● **Problem requirements**:
Restate word for word the entries below, starting with the line with "pub mod Divergence" and continuing through the line with "module _ ⦃S". Include both of those lines and no others.

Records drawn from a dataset
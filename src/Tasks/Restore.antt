-- ===== src/Tasks/Restore.antt =====
-- `RestoreEntity` of each section of the snapshot: `taskRestorer` of pkg/tasks/core.go and
-- `restoreIndexes` of tasks.go, and the tables whose rows carry or are keyed by a queue id.
-- `owns` is `bounds.Owns(sharding.ByAccountAndQueue(...))`, the shard of the core.
pub mod Divergence
use moab.Base.{Bool, true, false, ◌&&◌, not, ◌==◌, if◌then◌else◌, is_set}
use moab.Tasks.Types.{
  QueueId, TaskState, Task, Thread, TasksCounter, QueueState, RateLimiterState, is_dead,
}
use moab.Tasks.Monad.{Stores, M, ◌>>=◌, ◌>>◌, pure, item, queue_of, when}
use moab.Tasks.Access.{
  tasks_set, dedupe_set, queue_index_add, in_progress_index_add, dead_tasks_index_add,
  expiration_add, threads_get, threads_set, thread_index_add, counters_set, queue_state_set,
  rate_limiters_set, purge_create,
}

module _ ⦃S : Stores⦄ (owns : QueueId → Bool) where
  unfoldable pub restore_state_index : TaskState → Task → Bool → M (Unit {0})
  restore_state_index TaskState.enqueued task is_head =
      when is_head (queue_index_add (queue_of task.id) (item task.scheduled_at task.id.task_id))
  restore_state_index TaskState.in_progress task is_head =
      in_progress_index_add (queue_of task.id) (item task.visible_at task.id.task_id)
  restore_state_index TaskState.dead task is_head =
      dead_tasks_index_add (queue_of task.id) (item task.last_failed_at task.id.task_id)
  restore_state_index TaskState.invalid task is_head = pure tt

  unfoldable pub restore_indexes : Task → Bool → M (Unit {0})
  restore_indexes task is_head = do
    tasks_set task
    when (is_set task.dedupe_key && not (is_dead task.state))
        (dedupe_set (queue_of task.id) task.dedupe_key task.id.task_id)
    restore_state_index task.state task is_head
    expiration_add task.id task.expires_at

  -- A threaded task is put back into its thread, and is its head if the thread says so.
  unfoldable pub restore_thread_place : Task → M Bool
  restore_thread_place task =
      if is_set task.thread_id
      then (do
        thread_index_add (queue_of task.id) task.thread_id (item task.scheduled_at task.id.task_id)
        thread ← threads_get (queue_of task.id) task.thread_id
        pure (thread.head_task_id.task_id == task.id.task_id))
      else pure true

  unfoldable pub restore_task : Task → M Bool
  restore_task task =
      if owns (queue_of task.id)
      then (do is_head ← restore_thread_place task; restore_indexes task is_head; pure true)
      else pure false

  unfoldable pub restore_thread : Thread → M Bool
  restore_thread thread =
      if owns (queue_of thread.head_task_id)
      then (do threads_set (queue_of thread.head_task_id) thread; pure true)
      else pure false

  unfoldable pub restore_counter : QueueId → TasksCounter → M Bool
  restore_counter q c = if owns q then (do counters_set q c; pure true) else pure false

  unfoldable pub restore_queue_state : QueueId → QueueState → M Bool
  restore_queue_state q s = if owns q then (do queue_state_set q s; pure true) else pure false

  unfoldable pub restore_rate_limiter : QueueId → RateLimiterState → M Bool
  restore_rate_limiter q s = if owns q then (do rate_limiters_set q s; pure true) else pure false

  unfoldable pub restore_purge_record : QueueId → M Bool
  restore_purge_record q = if owns q then (do purge_create q; pure true) else pure false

● **Response to the task**:
pub mod Divergence
use moab.Base.{Bool, true, false, ◌&&◌, not, ◌==◌, if◌then◌else◌, is_set}
use moab.Tasks.Types.{
  QueueId, TaskState, Task, Thread, TasksCounter, QueueState, RateLimiterState, is_dead,
}
use moab.Tasks.Monad.{Stores, M, ◌>>=◌, ◌>>◌, pure, item, queue_of, when}
use moab.Tasks.Access.{
  tasks_set, dedupe_set, queue_index_add, in_progress_index_add, dead_tasks_index_add,
  expiration_add, threads_get, threads_set, thread_index_add, counters_set, queue_state_set,
  rate_limiters_set, purge_create,
}

module _ ⦃S : Stores⦄ (owns : QueueId → Bool) where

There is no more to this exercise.